Limitations & Future Work

  • Assumes each new token appears with uniform probability in training data, but real-world frequency distributions may be strongly coupled with the "cluster of mapped old tokens" (high-frequency words are more likely to pollute old transitions).
  • Assumes the LLM is sufficiently expressive (\(f\) is Lipschitz and can precisely realize any sparse combination); if model capacity is limited or new concepts are far from the original dictionary coverage, the sparsity assumption may break down.
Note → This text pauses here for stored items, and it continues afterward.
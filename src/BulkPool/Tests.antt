-- ===== src/BulkPool/Tests.antt =====
-- src/margo-bulk-pool.c: runs, and the theorems at concrete pools.
use mathlib.Core.Logic.Or
use mathlib.Core.HLevel.{⊥_prop}
use mathlib.Core.List.{Memᴰ, Nodup, Perm, Pairwise, Nodup-cons, not-mem-nil, eq-or-mem_of_mem-cons}
use mochi_margo.Base.{
  ◌+◌, ◌≡◌, refl, true, not, ◌&&◌, none, some, List, [], ◌∷◌, arith, if◌then◌else◌, ltb, leb,
}
use mochi_margo.Mercury.{success}
use mochi_margo.BulkPool.Defs.{Pool, done, pool_get, pool_tryget, BulkInfo, pool_release, outside}
use mochi_margo.BulkPool.Create.{Calls, Created, overflows, pool_create}
use mochi_margo.BulkPool.CreateLaws.{
  create-IsClean, create_fault_iff, attempted, IsClean, NonNull, is_none,
}
use mochi_margo.BulkPool.Stack.{
  IsValid, contents, IsAccepted, map_done, view, pop, get_refines, release_refines,
}
use mochi_margo.BulkPool.Lending.{Reach, here, next, get, handles_are_kept}
use mochi_margo.BulkPool.Set.{Poolset, poolset_get}
use mochi_margo.BulkPool.SetLaws.{serve, Owned, poolset_get_serves}

-- Handle 11 stands for the slice at 4096, and 12 for the one at 4160.
abbrev calls : Calls
calls = record {
  malloc_pool = true;
  memalign = some 4096;
  calloc_bulks = true;
  bulk_create = λ i buf size flag. (success, i + 11);
  mutex_create = true;
  cond_create = true;
}

abbrev info : BulkInfo
info = record {
  get_size = λ b. 64;
  access = λ b size flag. some (if ltb b 12 then (4096, 64) else (4160, 64));
}

-- Two handles of 64 bytes, both free, and the same with the first one lent.
abbrev fresh : Pool
fresh = record { buf = 4096; bulks = 11 ∷ 12 ∷ []; count = 2; size = 64; num_free = 2; flag = 1 }

abbrev one_lent : Pool
one_lent = record fresh { num_free = 1 }

fresh-IsValid : IsValid fresh
fresh-IsValid = omega arith

one_lent-IsValid : IsValid one_lent
one_lent-IsValid = omega arith

created_pool :
    pool_create calls 2 64 1 ≡ some (record { ret = success; pool = some fresh; freed = [] })
unfolding pool_create
created_pool = refl

accepted : IsAccepted info one_lent 11
unfolding outside
accepted = record {
  not_null = λ e. absurd (omega arith);
  same_size = refl;
  segment = (4096, 64);
  accessed = refl;
  inside = refl;
}

handles-NonNull : NonNull calls.bulk_create
handles-NonNull i a s f e = λ z. absurd (omega arith)

create-IsClean_example :
    (r : Created) × (pool_create calls 2 64 1 ≡ some r) × IsClean (attempted calls 2 64 1) r
create-IsClean_example = create-IsClean calls 2 64 1 4096 refl (omega arith) handles-NonNull

create_fault_iff_example :
    is_none (pool_create (record calls { memalign = none }) 2 64 1)
    ≡ (not (overflows 2 64) && true && true)
create_fault_iff_example = create_fault_iff (record calls { memalign = none }) 2 64 1

get_refines_example :
    (map_done view (pool_get (some one_lent)), map_done view (pool_tryget (some one_lent)))
    ≡ pop (12 ∷ [])
get_refines_example = get_refines one_lent one_lent-IsValid

release_refines_example :
    map_done contents (pool_release info (some one_lent) 11) ≡ done (11 ∷ 12 ∷ [])
release_refines_example = release_refines info one_lent 11 one_lent-IsValid accepted

taken : Reach info (record { pool = fresh; lent = [] }) (record { pool = one_lent; lent = 11 ∷ [] })
unfolding pool_get
taken = next here (get fresh one_lent 11 [] refl)

distinct : Nodup (contents fresh)
distinct = Nodup-cons.1 (
  λ m. Or.elim ⊥_prop (eq-or-mem_of_mem-cons m) (λ e. omega (arith, e)) not-mem-nil,
  Nodup-cons.1 (not-mem-nil, Pairwise.nil),
)

handles_are_kept_example :
    Nodup (11 ∷ contents one_lent)
    × Perm (11 ∷ contents one_lent) (contents fresh)
    × (1 + one_lent.num_free ≡ one_lent.count)
    × IsValid one_lent
handles_are_kept_example =
    handles_are_kept fresh (record { pool = one_lent; lent = 11 ∷ [] }) fresh-IsValid refl distinct
      taken

-- A set of two pools, of 64 and of 128 bytes.
abbrev large : Pool
large = record { buf = 8192; bulks = 21 ∷ 22 ∷ []; count = 2; size = 128; num_free = 2; flag = 1 }

abbrev set : Poolset
set = record { pools = fresh ∷ large ∷ []; nbufs = 2; first_size = 64; size_multiple = 2 }

abbrev set_info : BulkInfo
set_info = record {
  get_size = λ b. if ltb b 20 then 64 else 128;
  access = λ b size flag. some (if ltb b 20 then (4096, 64) else (8192, 128));
}

fresh-Owned : Owned set_info fresh
unfolding outside
fresh-Owned b (Memᴰ.head e) = rw e (record {
  not_null = λ z. absurd (omega arith);
  same_size = refl;
  segment = (4096, 64);
  accessed = refl;
  inside = refl;
})
fresh-Owned b (Memᴰ.tail (Memᴰ.head e)) = rw e (record {
  not_null = λ z. absurd (omega arith);
  same_size = refl;
  segment = (4096, 64);
  accessed = refl;
  inside = refl;
})
fresh-Owned b (Memᴰ.tail (Memᴰ.tail m)) = elim m [ ]

large-Owned : Owned set_info large
unfolding outside
large-Owned b (Memᴰ.head e) = rw e (record {
  not_null = λ z. absurd (omega arith);
  same_size = refl;
  segment = (8192, 128);
  accessed = refl;
  inside = refl;
})
large-Owned b (Memᴰ.tail (Memᴰ.head e)) = rw e (record {
  not_null = λ z. absurd (omega arith);
  same_size = refl;
  segment = (8192, 128);
  accessed = refl;
  inside = refl;
})
large-Owned b (Memᴰ.tail (Memᴰ.tail m)) = elim m [ ]

poolset_get_serves_example :
    poolset_get (some set) 100 ≡ serve (λ p. leb 100 p.size) (λ p. pool_get (some p)) set.pools
poolset_get_serves_example = poolset_get_serves set 100 (refl, (refl, tt))

abbrev made_pools : List Pool
made_pools = fresh ∷ record fresh { size = 128 } ∷ []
  • The method by default "does not allow transitions from old tokens to new tokens," meaning new words can only be "summoned" but not naturally generated in output, which is a clear constraint for generative applications and acknowledged as future work.
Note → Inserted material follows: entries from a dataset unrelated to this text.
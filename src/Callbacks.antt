-- ===== src/Callbacks.antt =====
-- src/margo-core.c: the callbacks that run when an instance is finalized
pub mod Defs
pub mod Laws
mod Tests
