-- ===== src/Callbacks/Defs.antt =====
-- src/margo-core.c: the two lists of callbacks of an instance, in which every owner has a stack of
-- its own. Owners, functions and arguments are addresses; the default owner is null.
use mochi_margo.Base.{
  ℕ, zero, suc, Bool, true, false, ◌==◌, if◌then◌else◌, null, Option, none, some, List, [], ◌∷◌,
}

-- `struct margo_finalize_cb`
pub record Callback : Type 0 where
  pub owner : ℕ
  pub callback : ℕ
  pub uargs : ℕ

-- A callback in front of the list, unless the function is null.
unfoldable pub push : List Callback → (owner callback uargs : ℕ) → List Callback
push cbs owner callback uargs =
    if callback == null
    then cbs
    else record { owner = owner; callback = callback; uargs = uargs } ∷ cbs

-- The first callback of an owner: its function and argument, none where the result is 0.
unfoldable pub top : List Callback → (owner : ℕ) → Option (ℕ × ℕ)
top [] owner = none
top (c ∷ cs) owner = if c.owner == owner then some (c.callback, c.uargs) else top cs owner

-- The list without it, and whether the result is 1.
abbrev pub behind : Callback → Bool × List Callback → Bool × List Callback
behind c (found, cs) = (found, c ∷ cs)

unfoldable pub pop : List Callback → (owner : ℕ) → Bool × List Callback
pop [] owner = (false, [])
pop (c ∷ cs) owner =
    let rest = pop cs owner in if c.owner == owner then (true, cs) else behind c rest

-- The loop that takes the first callback off the list, calls it, and goes on with the list that it
-- leaves: the callbacks that were called. `effect` is what a call does to the list.
abbrev pub after : Callback → Option (List Callback) → Option (List Callback)
after c none = none
after c (some called) = some (c ∷ called)

unfoldable pub call_all :
    (effect : Callback → List Callback → List Callback)
    → (fuel : ℕ) → List Callback
    → Option (List Callback)
call_all effect zero cbs = none
call_all effect (suc fuel) [] = some []
call_all effect (suc fuel) (c ∷ cs) = after c (call_all effect fuel (effect c cs))

-- The lists of an instance.
pub record Lists : Type 0 where
  pub prefinalize_cb : List Callback
  pub finalize_cb : List Callback

-- `margo_provider_push_prefinalize_callback`, `margo_provider_top_prefinalize_callback` and
-- `margo_provider_pop_prefinalize_callback`
unfoldable pub push_prefinalize : Lists → (owner callback uargs : ℕ) → Lists
unfolding push
push_prefinalize l owner callback uargs = record l {
  prefinalize_cb = push l.prefinalize_cb owner callback uargs;
}

unfoldable pub top_prefinalize : Lists → (owner : ℕ) → Option (ℕ × ℕ)
unfolding top
top_prefinalize l owner = top l.prefinalize_cb owner

unfoldable pub pop_prefinalize : Lists → (owner : ℕ) → Bool × Lists
unfolding pop
pop_prefinalize l owner =
    let r = pop l.prefinalize_cb owner in (r.0, record l { prefinalize_cb = r.1 })

-- `margo_provider_push_finalize_callback`, `margo_provider_top_finalize_callback` and
-- `margo_provider_pop_finalize_callback`
unfoldable pub push_finalize : Lists → (owner callback uargs : ℕ) → Lists
unfolding push
push_finalize l owner callback uargs = record l {
  finalize_cb = push l.finalize_cb owner callback uargs;
}

unfoldable pub top_finalize : Lists → (owner : ℕ) → Option (ℕ × ℕ)
unfolding top
top_finalize l owner = top l.finalize_cb owner

unfoldable pub pop_finalize : Lists → (owner : ℕ) → Bool × Lists
unfolding pop
pop_finalize l owner = let r = pop l.finalize_cb owner in (r.0, record l { finalize_cb = r.1 })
  • No experiments on complex structures involving "mutual transitions among new tokens" (e.g., learning an entire network of new domain terms), only "single-point expansion" is validated.
  • vs LoRA / PT / Adapter: These reduce the number of updated parameters but cannot guarantee update directions are orthogonal to old transitions, so forgetting remains uncontrollable; this method directly leverages the orthogonal structure between the embedding table and transition graph, making zero forgetting a structural guarantee rather than a tuning outcome.
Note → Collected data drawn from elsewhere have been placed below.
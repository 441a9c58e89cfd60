-- ===== src/Callbacks/Laws.antt =====
-- src/margo-core.c: the lists of callbacks are a stack for every owner, and the loops that call them
-- end.
use mochi_margo.Base.{
  ℕ, zero, suc, ◌≤◌, ◌<◌, ◌≡◌, ◌≢◌, refl, ap, Bool, true, false, Bool-cases, ◌==◌, if◌then◌else◌,
  null, Option, none, some, List, [], ◌∷◌, length, inl, inr, arith,
}
use mochi_margo.Callbacks.Defs.{Callback, push, top, pop, after, call_all}

-- The stack of an owner.
abbrev pub view : ℕ → List Callback → List (ℕ × ℕ)
view owner [] = []
view owner (c ∷ cs) =
    if c.owner == owner then (c.callback, c.uargs) ∷ view owner cs else view owner cs

-- What a stack promises.
abbrev pub head : List (ℕ × ℕ) → Option (ℕ × ℕ)
head [] = none
head (x ∷ xs) = some x

abbrev pub tail : List (ℕ × ℕ) → List (ℕ × ℕ)
tail [] = []
tail (x ∷ xs) = xs

abbrev pub has_some : List (ℕ × ℕ) → Bool
has_some [] = false
has_some (x ∷ xs) = true

top-view : (cbs : List Callback) (owner : ℕ) → top cbs owner ≡ head (view owner cbs)
unfolding top
top-view [] owner = refl
top-view (c ∷ cs) owner = elim (Bool-cases (c.owner == owner)) [
  | inl y ↦ rw y refl
  | inr n ↦ rw n (top-view cs owner)
]

pop-view :
    (cbs : List Callback) (owner : ℕ)
    → ((pop cbs owner).0 ≡ has_some (view owner cbs))
      × (view owner (pop cbs owner).1 ≡ tail (view owner cbs))
unfolding pop
pop-view [] owner = (refl, refl)
pop-view (c ∷ cs) owner =
    let rest = pop-view cs owner in
    elim (Bool-cases (c.owner == owner)) [
      | inl y ↦ rw y (refl, refl)
      | inr n ↦ rw n (rest.0, rw n rest.1)
    ]

pop-other :
    (cbs : List Callback) (owner other : ℕ)
    → other ≢ owner
    → view other (pop cbs owner).1 ≡ view other cbs
unfolding pop
pop-other [] owner other d = refl
pop-other (c ∷ cs) owner other d =
    let rest = pop-other cs owner other d in
    elim (Bool-cases (c.owner == owner)) [
      | inl y ↦ let no : (c.owner == other) ≡ false = ground (arith, y, d) in rw (y, no) refl
      | inr n ↦ elim (Bool-cases (c.owner == other)) [
        | inl z ↦ rw (n, z) (ap (λ l. (c.callback, c.uargs) ∷ l) rest)
        | inr z ↦ rw (n, z) rest
      ]
    ]

push-view :
    (cbs : List Callback) (owner callback uargs : ℕ)
    → callback ≢ null
    → (view owner (push cbs owner callback uargs) ≡ (callback, uargs) ∷ view owner cbs)
      × ((other : ℕ) → other ≢ owner → view other (push cbs owner callback uargs) ≡ view other cbs)
unfolding push
push-view cbs owner callback uargs real =
    let there : (callback == null) ≡ false = ground (arith, real) in
    let own : (owner == owner) ≡ true = ground arith in
    (
      rw (there, own) refl,
      λ other d. let no : (owner == other) ≡ false = ground (arith, d) in rw (there, no) refl,
    )

-- A list of callbacks is a stack for every owner: a push puts a callback on the stack of its owner, top
-- reads the one on it, pop takes it off, says whether there was one, and no operation touches the
-- stack of another owner.
pub stacks_refine :
    (cbs : List Callback) (owner callback uargs : ℕ)
    → callback ≢ null
    → (view owner (push cbs owner callback uargs) ≡ (callback, uargs) ∷ view owner cbs)
      × (top cbs owner ≡ head (view owner cbs))
      × ((pop cbs owner).0 ≡ has_some (view owner cbs))
      × (view owner (pop cbs owner).1 ≡ tail (view owner cbs))
      × ((other : ℕ)
          → other ≢ owner
          → (view other (push cbs owner callback uargs) ≡ view other cbs)
            × (view other (pop cbs owner).1 ≡ view other cbs))
stacks_refine cbs owner callback uargs real =
    let pushed = push-view cbs owner callback uargs real in
    let popped = pop-view cbs owner in
    (
      pushed.0,
      top-view cbs owner,
      popped.0,
      popped.1,
      λ other d. (pushed.1 other d, pop-other cbs owner other d),
    )

-- The loop over the callbacks ends, within one round more than there are, if no callback leaves more
-- of them than it finds.
pub call_all_terminates :
    (effect : Callback → List Callback → List Callback)
    → ((c : Callback) (cs : List Callback) → length (effect c cs) ≤ length cs)
    → (fuel : ℕ) (cbs : List Callback) → length cbs < fuel
    → (called : List Callback) × (call_all effect fuel cbs ≡ some called)
      × (length called ≤ length cbs)
unfolding call_all
call_all_terminates effect shrinks zero cbs h = absurd (omega (arith, h))
call_all_terminates effect shrinks (suc fuel) [] h = ([], refl, omega arith)
call_all_terminates effect shrinks (suc fuel) (c ∷ cs) h =
    let (called, e, few) =
      call_all_terminates effect shrinks fuel (effect c cs) (omega (arith, h, shrinks c cs)) in
    (c ∷ called, ap (after c) e, omega (arith, few, shrinks c cs))

-- Callbacks that leave the list alone are all called, the last one that was added first.
pub call_all_calls :
    (fuel : ℕ) (cbs : List Callback) → length cbs < fuel → call_all (λ c cs. cs) fuel cbs ≡ some cbs
unfolding call_all
call_all_calls zero cbs h = absurd (omega (arith, h))
call_all_calls (suc fuel) [] h = refl
call_all_calls (suc fuel) (c ∷ cs) h = ap (after c) (call_all_calls fuel cs (omega (arith, h)))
  • vs EWC / GEM / replay: Classical continual learning methods suppress forgetting via regularization or replay, but scaling to LLMs remains challenging; this method requires no replay of old data or Fisher information, only updating new embeddings.
  • vs FlexOlmo / model editing: Those methods assume "target behavior first, then edit," whereas this work "structurally isolates forgetting by constraining the update space"—the two paradigms are complementary.
  • vs Markov-LM related work (Zekri et al., Yüksel & Flammarion): They analyze transformer learning ability from a Markov perspective; this work uses the mathematical path to design a concrete continual learning algorithm.

Rating

  • Novelty: ⭐⭐⭐⭐ Combines the Markov perspective with the sparse dictionary assumption to provide provable sample complexity; the theoretical framework is refreshing.
  • Experimental Thoroughness: ⭐⭐⭐ Arithmetic + synthetic vocab + three target languages + multiple model scales are covered, but more realistic multi-domain/multi-step expansions are not.
  • Writing Quality: ⭐⭐⭐⭐ The logic from motivation to theorem to algorithm is very smooth, with unified notation and clear definitions.
  • Value: ⭐⭐⭐⭐ Provides a minimal solution where "zero forgetting + sample efficiency" can be achieved simultaneously, serving as a strong baseline for the continual learning community.